Causing Moments: WSG Gallery's “Lynda Cole: Recent Places and Themes”

VISUAL ART REVIEW

Lynda Cole, Two-2

Lynda Cole's Two-2; oil stick, cold wax on Terraskin, mounted on Gator Board.

Local artist Lynda Cole is back at the WSG Gallery with another adventure in abstraction that’s as much about her sense of self as it is an exploration of art itself.

The last time we saw her work was in November 2015 when she held North to be as much a state of mind as it is a navigational direction. As I wrote at that time, Cole’s North exhibition was a “fusing of time and space -- through a particular state of mind.”

Her Recent Places and Themes is more of the same. As Cole says in her gallery statement, “Months ago, when I began working on paintings for this show, I was exploring the simple way in which two colors would interact.”

But, she continues, “at the same time I knew I wanted to say something about a recent trip to Antarctica and the rapid loss of the glaciers. The hanging piece in this show Future Polar Memories and the painting Snow Storm on the Glacier are meant as my tribute to the beauty of the Polar Regions on the Earth. In the end, this is a show about process in the studio and processes on the Earth.”

Is this final thought ever accurate because Cole has the remarkable ability to play out her emotions through her creativity: Her art vividly illustrates the principle that there’s always something new to learn about the venerable in the visual arts.

In this instance, the seemingly played out vein of gestural abstraction is given new life as Cole straddles first-generation expression with second-generation chromaticity. Her sure-handed melding of gesture with color field emphasizes the heroic element of that art form.

Whether slash, daub, drip, or splash, it doesn't seem there are any variants on gestural abstraction that haven’t already been appropriated. And frankly, most of the post-1970s abstraction I’ve seen indicates this notion is accurate. There’s often an astringent beauty to the form, but it seems repetitious and mannered for the most part.

Cole dispels this issue through the most crucial of measures. Rather than apply played-out wrinkles in the form, she absorbs and exhales them. Using existentialism, one of the inspirations for abstract expression, Cole appropriates this visual vocabulary by hitching her work to the idea of authenticity.

And this authenticity yields a creativity that’s as distinct as a fingerprint. Cole’s touch is heightened by the use of her materials as well as the application of these materials to the composition’s working surface.

It’s neither a precisely logical process nor does the notion of rationality factor into its being. As Cole has said of her art, “These days my work is non-narrative -- it’s about mood or say, an interesting line. ... I don’t intend to ‘tell’ anyone anything. My intention is more to cause a moment of feeling peace or contemplation. I can’t actually ‘say’ what I’m trying to get across. The viewer just has to get it and make it his or her own.”

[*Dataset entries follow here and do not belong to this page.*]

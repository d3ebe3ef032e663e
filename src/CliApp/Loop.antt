-- ===== src/CliApp/Loop.antt =====
-- What the client sends.
use libnetpaxos.Prelude.{
  ℕ, zero, suc, ◌+◌, ◌-◌, ◌%◌, ◌^◌, ◌<◌, ◌≤◌, ◌≡◌, refl, arith, ap, subst, ◌∙◌, List, [], ◌∷◌, some,
  All,
}
use libnetpaxos.Prelude.{returned, length, take, take-take, drop, false, ◌==◌}
use libnetpaxos.Message.Bytes.{le32, from_bytes}
use libnetpaxos.Message.Request.{request, take-stored}
use libnetpaxos.Datagram.Fields.{IsReady, stored, store_lem, length-stored}
use libnetpaxos.Proposer.{ProposerState}
use libnetpaxos.Proposer.Submit.{submit-IsSubmitted}
use libnetpaxos.CliApp.{
  AppCtx, Chance, increment, choose_op, run_test, id_of, deliver_response, run_tests, new_app_ctx,
}

-- A client that can submit.
pub record IsClient (ctx : AppCtx) : Type 0 where
  pub size : length ctx.req ≡ 40
  pub mine : length ctx.proposer.mine ≡ 16
  pub ready : IsReady ctx.proposer.datagram

pub record IsChance (c : Chance) : Type 0 where
  pub clock : length c.now ≡ 16
  pub client : length c.local.client ≡ 16

-- What one round did: a datagram of 88 bytes with a request whose first bytes are the id, and the
-- next id.
pub record IsTested (ctx ctx' : AppCtx) (sent : List ℕ) : Type 0 where
  pub client : IsClient ctx'
  pub next : ctx'.request_id ≡ suc ctx.request_id
  pub total : length sent ≡ 88
  pub value : List ℕ
  pub payload : from_bytes (drop 28 sent) ≡ some (request value ctx.proposer.mine)
  pub id : take 4 value ≡ le32 ctx.request_id
  pub same_mine : ctx'.proposer.mine ≡ ctx.proposer.mine

module _ (c : Chance) (ctx : AppCtx) (ok : IsClient ctx) (chance : IsChance c)
    (left : ctx.request_id < 2 ^ 31 - 1) where
  abbrev req1 : List ℕ
  req1 = stored ctx.req 0 (le32 ctx.request_id)

  abbrev req2 : List ℕ
  req2 = stored req1 4 (choose_op c.random ∷ [])

  size1 : length req1 ≡ 40
  size1 = length-stored ctx.req 0 (le32 ctx.request_id) (omega (arith, ok.size)) ∙ ok.size

  size2 : length req2 ≡ 40
  size2 = length-stored req1 4 (choose_op c.random ∷ []) (omega (arith, size1)) ∙ size1

  -- The id stands at the beginning of what is submitted.
  kept : take 4 (take 32 (stored req2 8 c.now)) ≡ le32 ctx.request_id
  kept =
      take-take 4 32 (stored req2 8 c.now) (omega arith)
      ∙ take-stored 4 8 req2 c.now (omega arith) (omega (arith, size2))
      ∙ take-stored 4 4 req1 (choose_op c.random ∷ []) (omega arith) (omega (arith, size1))

  -- One round submits a request with the current id and moves to the next one.
  pub run_test-IsTested :
      (ctx' : AppCtx) × (sent : List ℕ) × (run_test c ctx ≡ returned (ctx', sent))
      × IsTested ctx ctx' sent
  unfolding run_test increment
  run_test-IsTested =
      let (state, req, sent, e, s) =
        submit-IsSubmitted c.now c.local ctx.proposer req2 chance.clock chance.client ok.mine
          ok.ready (omega (arith, size2)) (omega (arith, size2)) in
      let not_last : (ctx.request_id == 2 ^ 31 - 1) ≡ false = ground arith in
      let small : (ctx.request_id + 1) % 2 ^ 32 ≡ suc ctx.request_id = omega arith in
      (
        record { request_id = suc ctx.request_id; proposer = state; req = req },
        sent,
        rw
            (
              store_lem ctx.req 0 (le32 ctx.request_id) (omega (arith, ok.size)),
              not_last,
              store_lem req1 4 (choose_op c.random ∷ []) (omega (arith, size1)),
              small,
              e,
            )
            refl,
        record {
          client = record {
            size =
                ap length s.stamped
                ∙ length-stored req2 8 c.now (omega (arith, size2, chance.clock))
                ∙ size2;
            mine = ap length s.same_mine ∙ ok.mine;
            ready = s.ready;
          };
          next = refl;
          total = s.total;
          value = take 32 req;
          payload = s.payload;
          id = ap (λ r. take 4 (take 32 r)) s.stamped ∙ kept;
          same_mine = s.same_mine;
        },
      )

-- The 32 bits of an `int` in an answer.
id_of-lt : (res : List ℕ) → All (λ b. b < 256) (take 4 res) → id_of res < 2 ^ 32
unfolding id_of
id_of-lt [] h = omega arith
id_of-lt (a ∷ []) h = omega arith
id_of-lt (a ∷ b ∷ []) h = omega arith
id_of-lt (a ∷ b ∷ c ∷ []) h = omega arith
id_of-lt (a ∷ b ∷ c ∷ d ∷ res) h = omega arith

le32-id_of :
    (res : List ℕ)
    → 4 ≤ length res
    → All (λ b. b < 256) (take 4 res)
    → le32 (id_of res) ≡ take 4 res
unfolding id_of
le32-id_of [] l h = absurd (omega arith)
le32-id_of (a ∷ []) l h = absurd (omega arith)
le32-id_of (a ∷ b ∷ []) l h = absurd (omega arith)
le32-id_of (a ∷ b ∷ c ∷ []) l h = absurd (omega arith)
le32-id_of (a ∷ b ∷ c ∷ d ∷ res) l h = ground arith

-- What an answer leads to.
pub record IsRepeated (ctx ctx' : AppCtx) (res sent : List ℕ) : Type 0 where
  pub client : IsClient ctx'
  pub total : length sent ≡ 88
  pub value : List ℕ
  pub payload : from_bytes (drop 28 sent) ≡ some (request value ctx.proposer.mine)
  pub same_id : take 4 value ≡ take 4 res

-- Each answer whose id is an `int` from 0 to 2147483646 makes the client send one new request, with
-- the id of the answer once more.
pub deliver_response-IsRepeated :
    (c : Chance) (ctx : AppCtx) (res : List ℕ)
    → IsClient ctx
    → IsChance c
    → 4 ≤ length res
    → All (λ b. b < 256) (take 4 res)
    → id_of res < 2 ^ 31 - 1
    → (ctx' : AppCtx) × (sent : List ℕ) × (deliver_response c res ctx ≡ returned (ctx', sent))
      × IsRepeated ctx ctx' res sent
unfolding deliver_response
deliver_response-IsRepeated c ctx res ok chance long small left =
    let (ctx', sent, e, t) =
      run_test-IsTested c (record ctx { request_id = id_of res })
        (record { size = ok.size; mine = ok.mine; ready = ok.ready }) chance left in
    (
      ctx',
      sent,
      e,
      record {
        client = t.client;
        total = t.total;
        value = t.value;
        payload = t.payload;
        same_id = t.id ∙ le32-id_of res long small;
      },
    )

-- A new client has its key and its value in the request.
pub new_app_ctx-IsClient :
    (state : ProposerState) (mem : List ℕ)
    → length mem ≡ 40
    → length state.mine ≡ 16
    → IsReady state.datagram
    → (ctx : AppCtx) × (new_app_ctx state mem ≡ returned ctx) × IsClient ctx × (ctx.request_id ≡ 0)
unfolding new_app_ctx
new_app_ctx-IsClient state mem size mine ready =
    let key : List ℕ = 97 ∷ 98 ∷ 99 ∷ 100 ∷ 101 ∷ [] in
    let value : List ℕ = 49 ∷ 50 ∷ 51 ∷ 52 ∷ 53 ∷ 54 ∷ [] in
    let r1 : List ℕ = stored mem 24 key in
    let r2 : List ℕ = stored r1 29 value in
    let s1 : length r1 ≡ 40 = length-stored mem 24 key (omega (arith, size)) ∙ size in
    let s2 : length r2 ≡ 40 = length-stored r1 29 value (omega (arith, s1)) ∙ s1 in
    (
      record { request_id = 0; proposer = state; req = r2 },
      rw (store_lem mem 24 key (omega (arith, size)), store_lem r1 29 value (omega (arith, s1)))
          refl,
      record { size = s2; mine = mine; ready = ready },
      refl,
    )

-- The datagrams carry the ids from `n` on.
pub data Numbered (mine : List ℕ) : ℕ → List (List ℕ) → Type 0 where
  none_left : (n : ℕ) → Numbered mine n []
  numbered :
      (n : ℕ) (value : List ℕ) {sent : List ℕ} {rest : List (List ℕ)}
      → from_bytes (drop 28 sent) ≡ some (request value mine)
      → take 4 value ≡ le32 n
      → Numbered mine (suc n) rest
      → Numbered mine n (sent ∷ rest)

-- The client begins with as many requests as it is told, numbered one after another, and can go on.
pub run_tests-Numbered :
    (n : ℕ) (chance : ℕ → Chance) (ctx : AppCtx)
    → IsClient ctx
    → ((k : ℕ) → IsChance (chance k))
    → ctx.request_id + n ≤ 2 ^ 31 - 1
    → (ctx' : AppCtx) × (sent : List (List ℕ)) × (run_tests n chance ctx ≡ returned (ctx', sent))
      × IsClient ctx'
      × (length sent ≡ n)
      × Numbered ctx.proposer.mine ctx.request_id sent
unfolding run_tests
run_tests-Numbered zero chance ctx ok chances left =
    (ctx, [], refl, ok, refl, none_left ctx.request_id)
run_tests-Numbered (suc n) chance ctx ok chances left =
    let (ctx1, sent, e, t) = run_test-IsTested (chance 0) ctx ok (chances 0) (omega arith) in
    let (ctx2, rest, e', ok', size, more) =
      run_tests-Numbered n (λ k. chance (suc k)) ctx1 t.client (λ k. chances (suc k))
        (omega (arith, t.next)) in
    (
      ctx2,
      sent ∷ rest,
      rw (e, e'),
      ok',
      ap suc size,
      numbered ctx.request_id t.value t.payload t.id (
          subst (λ m. Numbered m (suc ctx.request_id) rest) t.same_mine
            (subst (λ k. Numbered ctx1.proposer.mine k rest) t.next more)),
    )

Lynda Cole, Two-6 and Snow Storm on the Glacier

Two paintings by Lynda Cole. Left: Two-6; oil stick, cold wax on Terraskin, mounted on Gator Board. Right: Snow Storm on the Glacier; encaustic, oil, and cold wax on rag paper.

Take, for example, the show’s masterwork, Snow Storm on the Glacier, an encaustic, oil, and cold wax on rag paper painting. The work features a number of time-honored abstract strategies -- none more than a vigorous application of base pigments to ground the arrangement with slashes and daubs on the 3x3-foot-plus working surface. Rather than uniformly apply her pigments, Cole selectively attacks the corners of her undercoating.

As a result, the work’s foreground suggests a turbulence whose gesture splays across our field of vision. Effectively, the coherence of Snow Storm on the Glacier lies in the viewer’s marshaling his or her emotion through the work’s disorder.

The same may be said of Cole’s slightly smaller Two series running approximately 1 1/2 feet by 2 1/2 feet with each work borrowing from the abstract tradition. But in repeating her inspiration, Cole crafts a series that’s uniquely her own.

Some paintings, such as the gray to blue palette Two-2, use a horizontal pattern of two uneven squares to great effect, while Two-3 features a gray to pink curvilinear scrub for a touch of sublimity.

These paintings' unevenly scrubbed color schemes, such as Two-5, Two-6, and Two-8, appear diagonally tipsy. Each painting implores us to come feel this art today.


John Carlos Cantú has written on our community's visual arts in a number of different periodicals.


WSG Gallery: “Lynda Cole: Recent Places and Themes” will run through March 17. The WSG Gallery is located at 306 S. Main St., Ann Arbor. Exhibit hours are Tuesday-Thursday, noon–6 pm; Friday and Saturday, noon-9 pm; and Sunday, noon–5 pm. For information, call 734-761-2287 or visit wsg-art.com.